WORK ITEM: Copy out every line of the records where the string "Option" occurs.

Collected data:
++++++++

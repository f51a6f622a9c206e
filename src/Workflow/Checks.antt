-- ===== src/Workflow/Checks.antt =====
-- orchestration.py: what `advance_workflow_state` checks of a move before it changes the state.
use the_pass.Prelude.{
  String, Bool, true, false, not, ◌&&◌, ◌||◌, Option, none, some, List, [], str_eq, is_nil,
  is_blank, is_empty, mem_text, lookup, leb, if◌then◌else◌,
}
use the_pass.Prelude.Result.{Result, ok, ◌>>=◌, ◌>>◌, raise_if}
use the_pass.Workflow.Errors.{
  WorkflowError, unknown_status, terminal, blocked_needs_resume, budgets_exhausted, no_next_action,
  remediation_accounting, remediation_status, remediation_evidence, moved_gate_misused,
  illegal_transition, complete_status, complete_stage, target_passed_must_complete,
  target_failed_must_stop, target_not_reached, target_not_passed,
}
use the_pass.Workflow.State.{Policy, World, State}
use the_pass.Workflow.Evidence.{workflow_target_passes}
use the_pass.Workflow.Remediation.{
  confirmed_finding_artifact, verify_target_remediation_entry, verify_remediation_progress,
}

-- The arguments of `advance_workflow_state`. A missing list is an empty one, as the source reads it.
pub record Move : Type 0 where
  pub to_stage : Option String
  pub status : String
  pub next_action : String
  pub reviewer : Option String
  pub evidence_paths : List String
  pub blockers : List String
  pub package_path : Option String
  pub package_id : Option String
  pub remediation : Bool
  pub moved_gate : Bool
  pub resume : Bool
  pub timestamp : Option String

-- `to_stage or current_stage`
abbrev pub destination : State → Move → String
destination s m = elim m.to_stage [ none ↦ s.stage | some t ↦ if is_empty t then s.stage else t ]

-- `status in TERMINAL_STATUSES`
abbrev pub is_terminal : String → Bool
is_terminal status = str_eq status "killed" || str_eq status "complete"

-- One of the three budgets is used up.
abbrev pub is_exhausted : Policy → State → Bool
is_exhausted p s =
    leb p.max_transitions s.transitions_used
    || leb p.max_remediation_laps s.remediation_laps
    || leb p.max_no_progress s.no_progress_laps

unfoldable pub check_resumable : Policy → State → Move → Result WorkflowError (Unit {0})
check_resumable p s m = do
  raise_if (is_terminal s.status) terminal
  raise_if (str_eq s.status "blocked" && not m.resume) blocked_needs_resume
  raise_if (str_eq s.status "blocked" && (m.resume && is_exhausted p s)) budgets_exhausted
  raise_if (not (mem_text m.status p.statuses)) unknown_status
  raise_if (is_blank m.next_action) no_next_action

abbrev pub is_remediation_attempt : State → Move → Bool
is_remediation_attempt s m =
    m.remediation || (str_eq (destination s m) "remediation" && str_eq m.status "in_progress")

abbrev pub is_entering_remediation : State → Move → Bool
is_entering_remediation s m =
    not (str_eq s.stage "remediation") && str_eq (destination s m) "remediation"

-- Entering remediation takes a confirmed finding; at the target gate it takes one that the failed
-- decision fingerprints.
check_entry : World → State → Move → Result WorkflowError (Unit {0})
check_entry w s m = do
  raise_if (not (str_eq m.status "in_progress")) remediation_status
  raise_if (is_nil m.evidence_paths) remediation_evidence
  elim (str_eq s.stage s.target_gate) [
    | true ↦ verify_target_remediation_entry w s m.evidence_paths
    | false ↦ confirmed_finding_artifact w none m.evidence_paths >>= λ _. ok tt
  ]

unfoldable pub check_remediation : World → State → Move → Result WorkflowError (Unit {0})
unfolding check_entry
check_remediation w s m = do
  raise_if
      (m.remediation
        && not (str_eq s.stage "remediation")
        && not (str_eq (destination s m) "remediation"))
      remediation_accounting
  elim (is_entering_remediation s m) [ false ↦ ok tt | true ↦ check_entry w s m ]
  raise_if (m.moved_gate && not (is_remediation_attempt s m)) moved_gate_misused
  elim (is_remediation_attempt s m && m.moved_gate) [
    | false ↦ ok tt
    | true ↦ verify_remediation_progress w s m.package_path m.package_id
  ]

-- `policy["stages"][stage]["transitions"]`
abbrev pub transitions_from : Policy → String → List String
transitions_from p stage = elim (lookup stage p.stages) [ none ↦ [] | some c ↦ c.transitions ]

abbrev pub may_leave_failed_target : State → Move → Bool
may_leave_failed_target s m =
    let here = str_eq (destination s m) s.stage in
    (here && (str_eq m.status "blocked" || str_eq m.status "killed"))
    || (here && str_eq m.status "in_progress" && m.resume)
    || (str_eq (destination s m) "remediation" && str_eq m.status "in_progress")

-- At the target gate the workflow completes if the gate has passed, and otherwise stops, resumes
-- or enters remediation.
check_target : World → State → Move → Result WorkflowError (Unit {0})
check_target w s m = do
  passed ← workflow_target_passes w s
  let completing = str_eq (destination s m) "complete"
  raise_if (passed && not completing) target_passed_must_complete
  raise_if (not passed && not completing && not (may_leave_failed_target s m))
      target_failed_must_stop

unfoldable pub check_completion : World → State → Result WorkflowError (Unit {0})
check_completion w s =
    workflow_target_passes w s >>= λ passed. raise_if (not passed) target_not_passed

unfoldable pub check_transition : World → Policy → State → Move → Result WorkflowError (Unit {0})
unfolding check_target check_completion
check_transition w p s m = do
  let to = destination s m
  raise_if (not (str_eq to s.stage) && not (mem_text to (transitions_from p s.stage)))
      illegal_transition
  raise_if (str_eq m.status "complete" && not (str_eq to "complete")) complete_status
  raise_if (str_eq to "complete" && not (str_eq m.status "complete")) complete_stage
  elim (str_eq s.stage s.target_gate) [ false ↦ ok tt | true ↦ check_target w s m ]
  raise_if (str_eq to "complete" && not (str_eq s.stage s.target_gate)) target_not_reached
  elim (str_eq to "complete") [ false ↦ ok tt | true ↦ check_completion w s ]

++++++++

RESULT FOR THIS TASK:
  String, Bool, true, false, not, ◌&&◌, ◌||◌, Option, none, some, List, [], str_eq, is_nil,
  pub to_stage : Option String
  pub reviewer : Option String
  pub package_path : Option String
  pub package_id : Option String
  pub timestamp : Option String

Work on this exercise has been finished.